== Task objective ==
Begin at the line containing "not_read : Opening" in the entries below and end at the line containing "Nodes → FileNode"; transcribe that range exactly and nothing outside it.

>>

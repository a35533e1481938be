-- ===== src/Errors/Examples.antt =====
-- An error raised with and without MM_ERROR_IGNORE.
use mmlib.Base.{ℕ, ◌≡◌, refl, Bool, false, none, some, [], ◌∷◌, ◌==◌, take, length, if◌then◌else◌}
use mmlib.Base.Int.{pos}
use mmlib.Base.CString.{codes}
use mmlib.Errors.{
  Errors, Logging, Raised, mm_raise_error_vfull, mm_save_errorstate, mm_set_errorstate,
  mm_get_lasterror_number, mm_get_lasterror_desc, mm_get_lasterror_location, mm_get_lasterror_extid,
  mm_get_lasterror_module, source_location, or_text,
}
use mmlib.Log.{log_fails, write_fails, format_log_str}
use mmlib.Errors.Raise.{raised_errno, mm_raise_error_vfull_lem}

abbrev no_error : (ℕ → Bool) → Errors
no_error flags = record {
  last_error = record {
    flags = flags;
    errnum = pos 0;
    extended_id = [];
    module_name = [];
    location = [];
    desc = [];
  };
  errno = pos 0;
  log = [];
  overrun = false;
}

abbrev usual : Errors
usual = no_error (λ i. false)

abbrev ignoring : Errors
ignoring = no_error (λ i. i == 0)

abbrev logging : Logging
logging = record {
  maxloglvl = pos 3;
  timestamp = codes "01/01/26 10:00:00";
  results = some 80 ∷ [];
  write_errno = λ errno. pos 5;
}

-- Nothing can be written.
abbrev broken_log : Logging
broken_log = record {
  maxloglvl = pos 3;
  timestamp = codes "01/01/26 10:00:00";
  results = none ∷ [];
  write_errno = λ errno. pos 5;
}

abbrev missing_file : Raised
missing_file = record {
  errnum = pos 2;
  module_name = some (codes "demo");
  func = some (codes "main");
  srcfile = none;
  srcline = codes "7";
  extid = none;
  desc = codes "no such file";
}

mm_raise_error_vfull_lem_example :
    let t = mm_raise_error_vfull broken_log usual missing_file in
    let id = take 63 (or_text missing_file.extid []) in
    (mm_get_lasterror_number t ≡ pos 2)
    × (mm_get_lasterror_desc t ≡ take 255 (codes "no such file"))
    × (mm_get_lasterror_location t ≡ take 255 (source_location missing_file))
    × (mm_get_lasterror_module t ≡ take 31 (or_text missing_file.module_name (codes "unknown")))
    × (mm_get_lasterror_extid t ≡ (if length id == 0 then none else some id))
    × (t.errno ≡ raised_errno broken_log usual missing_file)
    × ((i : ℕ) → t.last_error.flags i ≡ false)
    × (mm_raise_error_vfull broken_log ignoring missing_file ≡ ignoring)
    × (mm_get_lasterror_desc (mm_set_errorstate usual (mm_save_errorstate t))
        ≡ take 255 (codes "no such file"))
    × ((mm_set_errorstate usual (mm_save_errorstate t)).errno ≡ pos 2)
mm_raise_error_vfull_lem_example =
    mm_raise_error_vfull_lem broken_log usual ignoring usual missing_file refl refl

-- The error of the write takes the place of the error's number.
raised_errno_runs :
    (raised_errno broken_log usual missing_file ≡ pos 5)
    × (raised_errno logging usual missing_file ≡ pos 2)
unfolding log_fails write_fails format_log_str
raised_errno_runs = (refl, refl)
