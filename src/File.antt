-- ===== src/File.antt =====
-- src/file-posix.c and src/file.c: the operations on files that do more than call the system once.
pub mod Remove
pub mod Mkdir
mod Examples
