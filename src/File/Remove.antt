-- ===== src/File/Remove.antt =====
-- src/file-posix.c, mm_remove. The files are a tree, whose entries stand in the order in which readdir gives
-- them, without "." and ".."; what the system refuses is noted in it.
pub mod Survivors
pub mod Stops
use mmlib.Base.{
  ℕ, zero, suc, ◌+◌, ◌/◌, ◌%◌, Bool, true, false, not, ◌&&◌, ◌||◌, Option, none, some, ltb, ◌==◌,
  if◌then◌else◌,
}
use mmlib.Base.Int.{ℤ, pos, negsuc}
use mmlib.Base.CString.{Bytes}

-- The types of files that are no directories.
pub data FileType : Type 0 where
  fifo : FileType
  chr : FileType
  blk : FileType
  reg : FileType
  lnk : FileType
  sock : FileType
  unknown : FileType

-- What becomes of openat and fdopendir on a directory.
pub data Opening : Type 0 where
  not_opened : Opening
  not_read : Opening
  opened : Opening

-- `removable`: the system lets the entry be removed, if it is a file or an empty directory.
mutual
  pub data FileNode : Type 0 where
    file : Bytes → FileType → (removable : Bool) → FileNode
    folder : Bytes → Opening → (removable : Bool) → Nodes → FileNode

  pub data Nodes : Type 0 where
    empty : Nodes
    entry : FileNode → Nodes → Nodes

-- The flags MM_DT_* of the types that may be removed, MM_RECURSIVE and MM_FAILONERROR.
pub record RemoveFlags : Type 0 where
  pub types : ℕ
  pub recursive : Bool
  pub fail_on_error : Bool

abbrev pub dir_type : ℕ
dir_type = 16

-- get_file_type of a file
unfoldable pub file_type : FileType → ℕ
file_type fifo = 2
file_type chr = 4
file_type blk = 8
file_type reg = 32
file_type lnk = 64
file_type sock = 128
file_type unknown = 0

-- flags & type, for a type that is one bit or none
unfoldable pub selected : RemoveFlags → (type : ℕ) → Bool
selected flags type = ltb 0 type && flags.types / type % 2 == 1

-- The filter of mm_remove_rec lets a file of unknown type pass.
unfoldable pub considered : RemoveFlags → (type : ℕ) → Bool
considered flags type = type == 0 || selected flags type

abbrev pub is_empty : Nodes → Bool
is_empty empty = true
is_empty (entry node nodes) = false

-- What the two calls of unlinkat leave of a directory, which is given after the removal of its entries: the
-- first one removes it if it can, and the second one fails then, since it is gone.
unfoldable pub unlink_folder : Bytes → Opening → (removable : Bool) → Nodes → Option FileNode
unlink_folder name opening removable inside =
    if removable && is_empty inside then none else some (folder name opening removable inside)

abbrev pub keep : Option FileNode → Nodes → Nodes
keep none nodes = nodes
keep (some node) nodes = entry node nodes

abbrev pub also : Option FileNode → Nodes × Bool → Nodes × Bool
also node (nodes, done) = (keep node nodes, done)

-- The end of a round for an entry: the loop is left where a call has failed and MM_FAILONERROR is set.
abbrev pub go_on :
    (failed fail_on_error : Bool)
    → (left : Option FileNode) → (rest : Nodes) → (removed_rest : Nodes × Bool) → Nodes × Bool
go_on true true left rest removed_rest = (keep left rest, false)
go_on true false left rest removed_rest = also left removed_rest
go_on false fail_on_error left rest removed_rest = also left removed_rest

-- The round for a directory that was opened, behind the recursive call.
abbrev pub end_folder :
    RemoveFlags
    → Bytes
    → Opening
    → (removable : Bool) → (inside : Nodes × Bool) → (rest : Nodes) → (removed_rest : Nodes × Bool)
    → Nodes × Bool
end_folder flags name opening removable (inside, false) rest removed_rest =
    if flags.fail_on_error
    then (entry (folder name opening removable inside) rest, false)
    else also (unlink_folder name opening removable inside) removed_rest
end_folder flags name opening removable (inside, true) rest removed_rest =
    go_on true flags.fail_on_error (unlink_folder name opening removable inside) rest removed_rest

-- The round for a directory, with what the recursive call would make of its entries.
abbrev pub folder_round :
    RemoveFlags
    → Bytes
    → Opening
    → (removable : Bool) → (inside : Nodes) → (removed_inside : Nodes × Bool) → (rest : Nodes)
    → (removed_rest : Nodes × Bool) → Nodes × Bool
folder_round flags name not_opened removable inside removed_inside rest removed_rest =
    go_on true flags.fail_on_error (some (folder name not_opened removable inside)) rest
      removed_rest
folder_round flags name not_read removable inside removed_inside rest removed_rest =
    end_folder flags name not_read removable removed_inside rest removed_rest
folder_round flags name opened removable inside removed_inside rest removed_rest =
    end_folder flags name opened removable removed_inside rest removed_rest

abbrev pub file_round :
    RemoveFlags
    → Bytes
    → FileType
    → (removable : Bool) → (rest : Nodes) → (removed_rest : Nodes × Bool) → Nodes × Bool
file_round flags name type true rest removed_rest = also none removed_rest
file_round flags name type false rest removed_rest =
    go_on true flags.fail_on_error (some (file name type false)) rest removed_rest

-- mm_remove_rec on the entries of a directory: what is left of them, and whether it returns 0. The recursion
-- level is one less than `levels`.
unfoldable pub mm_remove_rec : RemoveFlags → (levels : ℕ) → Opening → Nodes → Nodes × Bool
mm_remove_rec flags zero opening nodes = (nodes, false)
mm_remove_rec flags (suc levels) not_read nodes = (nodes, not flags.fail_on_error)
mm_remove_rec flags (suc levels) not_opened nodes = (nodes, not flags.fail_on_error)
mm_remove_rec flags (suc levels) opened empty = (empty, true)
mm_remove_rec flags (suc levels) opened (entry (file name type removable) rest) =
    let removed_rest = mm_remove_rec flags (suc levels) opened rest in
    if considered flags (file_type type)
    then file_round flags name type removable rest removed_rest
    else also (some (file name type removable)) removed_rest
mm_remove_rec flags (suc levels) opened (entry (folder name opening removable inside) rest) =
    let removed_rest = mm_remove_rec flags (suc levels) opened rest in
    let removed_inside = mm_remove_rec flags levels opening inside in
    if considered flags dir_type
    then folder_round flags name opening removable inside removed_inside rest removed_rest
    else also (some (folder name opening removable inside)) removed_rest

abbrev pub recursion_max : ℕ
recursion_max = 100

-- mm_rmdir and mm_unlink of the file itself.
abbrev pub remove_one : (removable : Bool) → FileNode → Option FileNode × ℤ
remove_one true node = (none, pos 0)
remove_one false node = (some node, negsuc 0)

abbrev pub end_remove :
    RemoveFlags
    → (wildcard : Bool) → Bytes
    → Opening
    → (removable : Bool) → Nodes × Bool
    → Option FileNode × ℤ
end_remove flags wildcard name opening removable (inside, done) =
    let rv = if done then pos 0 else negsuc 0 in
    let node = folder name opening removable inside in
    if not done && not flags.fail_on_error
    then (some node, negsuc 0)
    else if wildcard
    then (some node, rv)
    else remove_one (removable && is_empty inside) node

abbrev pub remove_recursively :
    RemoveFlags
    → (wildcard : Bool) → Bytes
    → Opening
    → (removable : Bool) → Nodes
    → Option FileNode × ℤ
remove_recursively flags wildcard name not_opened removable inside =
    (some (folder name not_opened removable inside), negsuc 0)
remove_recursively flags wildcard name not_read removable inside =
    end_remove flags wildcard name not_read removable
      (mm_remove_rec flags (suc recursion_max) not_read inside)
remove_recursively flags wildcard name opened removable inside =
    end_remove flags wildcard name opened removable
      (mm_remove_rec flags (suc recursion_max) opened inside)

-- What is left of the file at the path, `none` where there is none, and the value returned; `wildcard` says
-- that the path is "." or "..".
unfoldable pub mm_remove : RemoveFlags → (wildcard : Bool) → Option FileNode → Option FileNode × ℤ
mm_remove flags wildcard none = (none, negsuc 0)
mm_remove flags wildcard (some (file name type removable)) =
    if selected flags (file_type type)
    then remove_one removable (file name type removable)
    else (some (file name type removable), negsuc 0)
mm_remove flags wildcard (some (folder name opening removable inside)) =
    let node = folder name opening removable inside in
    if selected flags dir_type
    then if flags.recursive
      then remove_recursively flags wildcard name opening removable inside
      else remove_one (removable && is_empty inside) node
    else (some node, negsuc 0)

<<

== Result for this task ==
  not_read : Opening
  opened : Opening

-- `removable`: the system lets the entry be removed, if it is a file or an empty directory.
mutual
  pub data FileNode : Type 0 where
    file : Bytes → FileType → (removable : Bool) → FileNode
    folder : Bytes → Opening → (removable : Bool) → Nodes → FileNode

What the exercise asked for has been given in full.